++++ Data under study
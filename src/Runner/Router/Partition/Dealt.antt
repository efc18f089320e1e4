-- ===== src/Runner/Router/Partition/Dealt.antt =====
-- repogauge/runner/router.py: the parts that _router_split_rows returns.
use repogauge.Prelude.{
  ℕ, ◌+◌, ◌-◌, ◌≤◌, ◌<◌, ◌≡◌, refl, inl, inr, Bool, true, false, List, [], ◌∷◌, arith, ltb,
  if◌then◌else◌, ltb→lt, Bool-cases, length, is_empty, All, count,
}
use repogauge.Prelude.Sort.{All-keep}
use repogauge.Runner.Router.Labels.{
  Label, cheap_is_enough, needs_expensive, likely_unsolved, label_eq, labelled, PreparedRow,
}
use repogauge.Runner.Router.Partition.{
  SplitSettings, Partitions, class_of, deal_label, router_split_rows,
}
use repogauge.Runner.Router.Partition.Classes.{
  held, held-deal, deal-grows, deal-trains, deal-tests, count-classes, length-class_of,
}

empty-count : (p : PreparedRow → Bool) (xs : List PreparedRow) → is_empty xs ≡ true → count p xs ≡ 0
empty-count p [] e = refl
empty-count p (x ∷ xs) e = cc

not_empty : (xs : List PreparedRow) → 1 ≤ length xs → is_empty xs ≡ false
not_empty [] h = absurd (omega arith)
not_empty (x ∷ xs) h = refl

module _ (s : SplitSettings) (rows : List PreparedRow) where
  held-deal_label :
      (p : PreparedRow → Bool) (l : Label) (q : Partitions)
      → held p (deal_label s rows l q) ≡ held p q + count p (class_of l rows)
  unfolding deal_label
  held-deal_label p l q = elim (Bool-cases (is_empty (class_of l rows))) [
    | inl e ↦ rw e (omega (arith, empty-count p (class_of l rows) e))
    | inr e ↦ rw e (held-deal s (class_of l rows) q p)
  ]

  deal_label-grows :
      (p : PreparedRow → Bool) (l : Label) (q : Partitions)
      → (count p q.train ≤ count p (deal_label s rows l q).train)
        × (count p q.test ≤ count p (deal_label s rows l q).test)
  unfolding deal_label
  deal_label-grows p l q = elim (Bool-cases (is_empty (class_of l rows))) [
    | inl e ↦ rw e (omega arith)
    | inr e ↦ rw e (deal-grows s (class_of l rows) q p)
  ]

  of_label : (l : Label) → All (λ row. label_eq l row.label ≡ true) (class_of l rows)
  unfolding class_of
  of_label l = All-keep (λ row. label_eq l row.label) rows

  deal_label-trains :
      (l : Label) (q : Partitions)
      → 1 ≤ labelled l rows
      → 1 ≤ labelled l (deal_label s rows l q).train
  unfolding deal_label
  deal_label-trains l q h =
      let some_row : 1 ≤ length (class_of l rows) = omega (arith, length-class_of l rows) in
      rw (not_empty (class_of l rows) some_row)
        (deal-trains s (class_of l rows) q (λ row. label_eq l row.label) (of_label l) some_row)

  deal_label-tests :
      (l : Label) (q : Partitions)
      → 2 ≤ labelled l rows
      → 1 ≤ labelled l (deal_label s rows l q).test
  unfolding deal_label
  deal_label-tests l q h =
      let two_rows : 2 ≤ length (class_of l rows) = omega (arith, length-class_of l rows) in
      rw (not_empty (class_of l rows) (omega arith))
        (deal-tests s (class_of l rows) q (λ row. label_eq l row.label) (of_label l) two_rows)

no_parts : Partitions
no_parts = record { train = []; validation = []; test = [] }

module _ (s : SplitSettings) (rows : List PreparedRow) where
  -- The parts after the first label, the second and the third.
  abbrev first : Partitions
  first = deal_label s rows cheap_is_enough no_parts

  abbrev second : Partitions
  second = deal_label s rows likely_unsolved first

  pub split-held : (p : PreparedRow → Bool) → held p (router_split_rows s rows) ≡ count p rows
  unfolding router_split_rows no_parts
  split-held p = omega (
    arith,
    held-deal_label s rows p cheap_is_enough no_parts,
    held-deal_label s rows p likely_unsolved first,
    held-deal_label s rows p needs_expensive second,
    count-classes p rows,
  )

  pub split-trains :
      (l : Label) → 1 ≤ labelled l rows → 1 ≤ labelled l (router_split_rows s rows).train
  unfolding router_split_rows no_parts
  split-trains cheap_is_enough h = omega (
    arith,
    deal_label-trains s rows cheap_is_enough no_parts h,
    (deal_label-grows s rows (λ row. label_eq cheap_is_enough row.label) likely_unsolved first).0,
    (deal_label-grows s rows (λ row. label_eq cheap_is_enough row.label) needs_expensive second).0,
  )
  split-trains likely_unsolved h = omega (
    arith,
    deal_label-trains s rows likely_unsolved first h,
    (deal_label-grows s rows (λ row. label_eq likely_unsolved row.label) needs_expensive second).0,
  )
  split-trains needs_expensive h = deal_label-trains s rows needs_expensive second h

  split-tests : (l : Label) → 2 ≤ labelled l rows → 1 ≤ labelled l (router_split_rows s rows).test
  unfolding router_split_rows no_parts
  split-tests cheap_is_enough h = omega (
    arith,
    deal_label-tests s rows cheap_is_enough no_parts h,
    (deal_label-grows s rows (λ row. label_eq cheap_is_enough row.label) likely_unsolved first).1,
    (deal_label-grows s rows (λ row. label_eq cheap_is_enough row.label) needs_expensive second).1,
  )
  split-tests likely_unsolved h = omega (
    arith,
    deal_label-tests s rows likely_unsolved first h,
    (deal_label-grows s rows (λ row. label_eq likely_unsolved row.label) needs_expensive second).1,
  )
  split-tests needs_expensive h = deal_label-tests s rows needs_expensive second h

-- At least one of n: the lower bound that a test `1 <= n` gives.
abbrev pub one_of : ℕ → ℕ
one_of n = if ltb 0 n then 1 else 0

trains_one :
    (s : SplitSettings) (rows : List PreparedRow) (l : Label)
    → one_of (labelled l rows) ≤ labelled l (router_split_rows s rows).train
trains_one s rows l = elim (Bool-cases (ltb 0 (labelled l rows))) [
  | inl h ↦ rw h (split-trains s rows l (ltb→lt 0 (labelled l rows) h))
  | inr h ↦ rw h (omega arith)
]

tests_one :
    (s : SplitSettings) (rows : List PreparedRow) (l : Label)
    → one_of (labelled l rows - 1) ≤ labelled l (router_split_rows s rows).test
tests_one s rows l = elim (Bool-cases (ltb 0 (labelled l rows - 1))) [
  | inl h ↦
      let more : 0 < labelled l rows - 1 = ltb→lt 0 (labelled l rows - 1) h in
      rw h (split-tests s rows l (omega arith))
  | inr h ↦ rw h (omega arith)
]

-- _router_split_rows deals every row to exactly one of training, validation and test: of the rows that
-- pass any test, as many are in the three parts together as in the input. A label with a row has one for
-- training, and a label with two rows has one for the test too, whatever the fractions round to.
pub router_split_rows-IsPartition :
    (s : SplitSettings) (rows : List PreparedRow) (p : PreparedRow → Bool) (l : Label)
    → (held p (router_split_rows s rows) ≡ count p rows)
      × (one_of (labelled l rows) ≤ labelled l (router_split_rows s rows).train)
      × (one_of (labelled l rows - 1) ≤ labelled l (router_split_rows s rows).test)
router_split_rows-IsPartition s rows p l =
    (split-held s rows p, trains_one s rows l, tests_one s rows l)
++++++++
**Required action**
All that belongs in the answer is the run of lines above from the line containing "deal_label-tests s rows likely_unsolved" through the line containing "one_of n = if ltb 0 n then 1 else 0", exactly as written.

**Exercise response**
    deal_label-tests s rows likely_unsolved first h,
    (deal_label-grows s rows (λ row. label_eq likely_unsolved row.label) needs_expensive second).1,
  )
  split-tests needs_expensive h = deal_label-tests s rows needs_expensive second h

-- At least one of n: the lower bound that a test `1 <= n` gives.
abbrev pub one_of : ℕ → ℕ
one_of n = if ltb 0 n then 1 else 0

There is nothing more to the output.